_TASK TO CARRY OUT:_
How many lines below contain the word "TimeWindow"? Give only the number.

_ENTRIES SUPPLIED:_

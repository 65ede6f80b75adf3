-- ===== src/Adapters/Kdb/Read.antt =====
-- wingfoil/src/adapters/kdb/read.rs: the stream of `kdb_read`, as the list of what it yields. The
-- connection is a parameter.
use wingfoil.Base.{ℕ, Bool, true, false, List, [], ◌∷◌, ◌++◌, Option, none, some, ltb}
use wingfoil.Time.{Duration}
use wingfoil.Adapters.Slices.{
  TimeWindow, clamp, WindowFilter, new_filter, keep, Slice, SliceError, Checked, refused, sliced,
  compute_validated_time_slices,
}
use wingfoil.Adapters.Kdb.{Text, KApi, KdbError, Outcome, ok, err, Row, rows, column_names, iter}

pub data Item (T : Type 0) : Type 0 where
  row : ℕ → T → Item T
  error : KdbError → Item T
  io_error : Item T
  unsorted : ℕ → ℕ → Item T

-- The user's deserialiser, with the interner that it fills, and the connection; `none` is an error of
-- the connection.
pub record Source (api : KApi) : Type 1 where
  pub T : Type 0
  pub Interner : Type 0
  pub Query : Type 0
  pub QueryState : Type 0
  pub Outside : Type 0
  pub from_kdb_row : Row api → List Text → Interner → Outcome (ℕ × T) × Interner
  pub query_fn : Slice → QueryState → Query × QueryState
  pub send_sync_message : Query → Outside → Option api.K × Outside
  pub connect : Outside → Bool × Outside

module _ (api : KApi) (source : Source api) where
  open source use {
    T, Interner, Query, QueryState, Outside, from_kdb_row, query_fn, send_sync_message,
  }

  -- What the loop over the rows of a slice leaves: its items, and whether the stream goes on.
  pub record Emitted : Type 0 where
    pub items : List (Item T)
    pub goes_on : Bool
    pub interner : Interner

  abbrev pub yielded : Item T → Emitted → Emitted
  yielded item e = record e { items = item ∷ e.items }

  abbrev pub stopped : Item T → Interner → Emitted
  stopped item interner_ = record { items = item ∷ []; goes_on = false; interner = interner_ }

  -- `time < prev`
  abbrev pub falls : Option ℕ → ℕ → Bool
  falls none time = false
  falls (some prev) time = ltb time prev

  abbrev pub previous : Option ℕ → ℕ
  previous none = 0
  previous (some prev) = prev

  -- The loop over the rows. A row outside the window is dropped before the order is checked.
  unfoldable pub row_loop :
      List Text → List (Row api) → WindowFilter → Option ℕ → Interner → Emitted
  row_loop columns [] filter prev interner_ = record {
    items = [];
    goes_on = true;
    interner = interner_;
  }
  row_loop columns (r ∷ rows_) filter prev interner_ = elim (from_kdb_row r columns interner_).0 [
    | err e ↦ stopped (error e) (from_kdb_row r columns interner_).1
    | ok (time, record_) ↦ elim (keep time filter).0 [
      | false ↦
          row_loop columns rows_ (keep time filter).1 prev (from_kdb_row r columns interner_).1
      | true ↦ elim (falls prev time) [
        | true ↦ stopped (unsorted time (previous prev)) (from_kdb_row r columns interner_).1
        | false ↦ yielded (row time record_) (
            row_loop columns rows_ (keep time filter).1 (some time)
              (from_kdb_row r columns interner_).1)
      ]
    ]
  ]

  pub record Reader : Type 0 where
    pub interner : Interner
    pub queries : QueryState
    pub outside : Outside

  abbrev pub emitted_error : Item T → Reader → Emitted
  emitted_error item reader = stopped item reader.interner

  -- The rows of an answer.
  abbrev pub answer_rows : TimeWindow → api.K → Reader → Emitted
  answer_rows window k reader = elim (column_names api k) [
    | err e ↦ emitted_error (error e) reader
    | ok columns ↦ elim (rows api k) [
      | err e ↦ emitted_error (error e) reader
      | ok rows_ ↦ row_loop columns (iter api rows_) (new_filter window) none reader.interner
    ]
  ]

  abbrev pub answered : TimeWindow → Option api.K → Reader → Emitted
  answered window none reader = emitted_error io_error reader
  answered window (some k) reader = answer_rows window k reader

  -- The query of a slice, its answer, and what else changes.
  unfoldable pub slice_items : ℕ → ℕ → Slice → Reader → Emitted × Reader
  unfolding row_loop
  slice_items start_time end_time s reader =
      let window = clamp s.t0 s.t1 start_time end_time in
      let (query, queries) = query_fn s reader.queries in
      let (answer, outside) = send_sync_message query reader.outside in
      (answered window answer reader, record reader { queries = queries; outside = outside })

  -- The items behind those of a slice, which the stream yields if it goes on.
  abbrev pub followed : Emitted → (Interner → List (Item T)) → List (Item T)
  followed e rest = e.items ++ elim e.goes_on [ true ↦ rest e.interner | false ↦ [] ]

  -- `chunk_stream` over the slices of `kdb_read`.
  unfoldable pub chunk_stream : ℕ → ℕ → List Slice → Reader → List (Item T)
  unfolding slice_items
  chunk_stream start_time end_time [] reader = []
  chunk_stream start_time end_time (s ∷ slices) reader =
      let (emitted, reader') = slice_items start_time end_time s reader in
      followed emitted (λ interner.
        chunk_stream start_time end_time slices (record reader' { interner = interner }))

  pub data Started : Type 0 where
    not_started : SliceError → Started
    panicked no_connection : Started
    streams : List (Item T) → Started

  abbrev pub connected : Bool × Outside → List Slice → ℕ → ℕ → Reader → Started
  connected (false, outside) slices start_time end_time reader = no_connection
  connected (true, outside) slices start_time end_time reader =
      streams (chunk_stream start_time end_time slices (record reader { outside = outside }))

  abbrev pub start_streams : ℕ → Option ℕ → Reader → Checked → Started
  start_streams start_time end_time reader (refused e) = not_started e
  start_streams start_time end_time reader (sliced none) = panicked
  start_streams start_time none reader (sliced (some slices)) = panicked
  start_streams start_time (some t) reader (sliced (some slices)) =
      connected (source.connect reader.outside) slices start_time t reader

  -- The closure of `kdb_read`; `end_time` is what the run gives for its end.
  unfoldable pub kdb_read : ℕ → Option ℕ → Duration → Reader → Started
  unfolding chunk_stream
  kdb_read start_time end_time period reader =
      start_streams start_time end_time reader
        (compute_validated_time_slices start_time end_time period)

_YOUR RESPONSE:_
3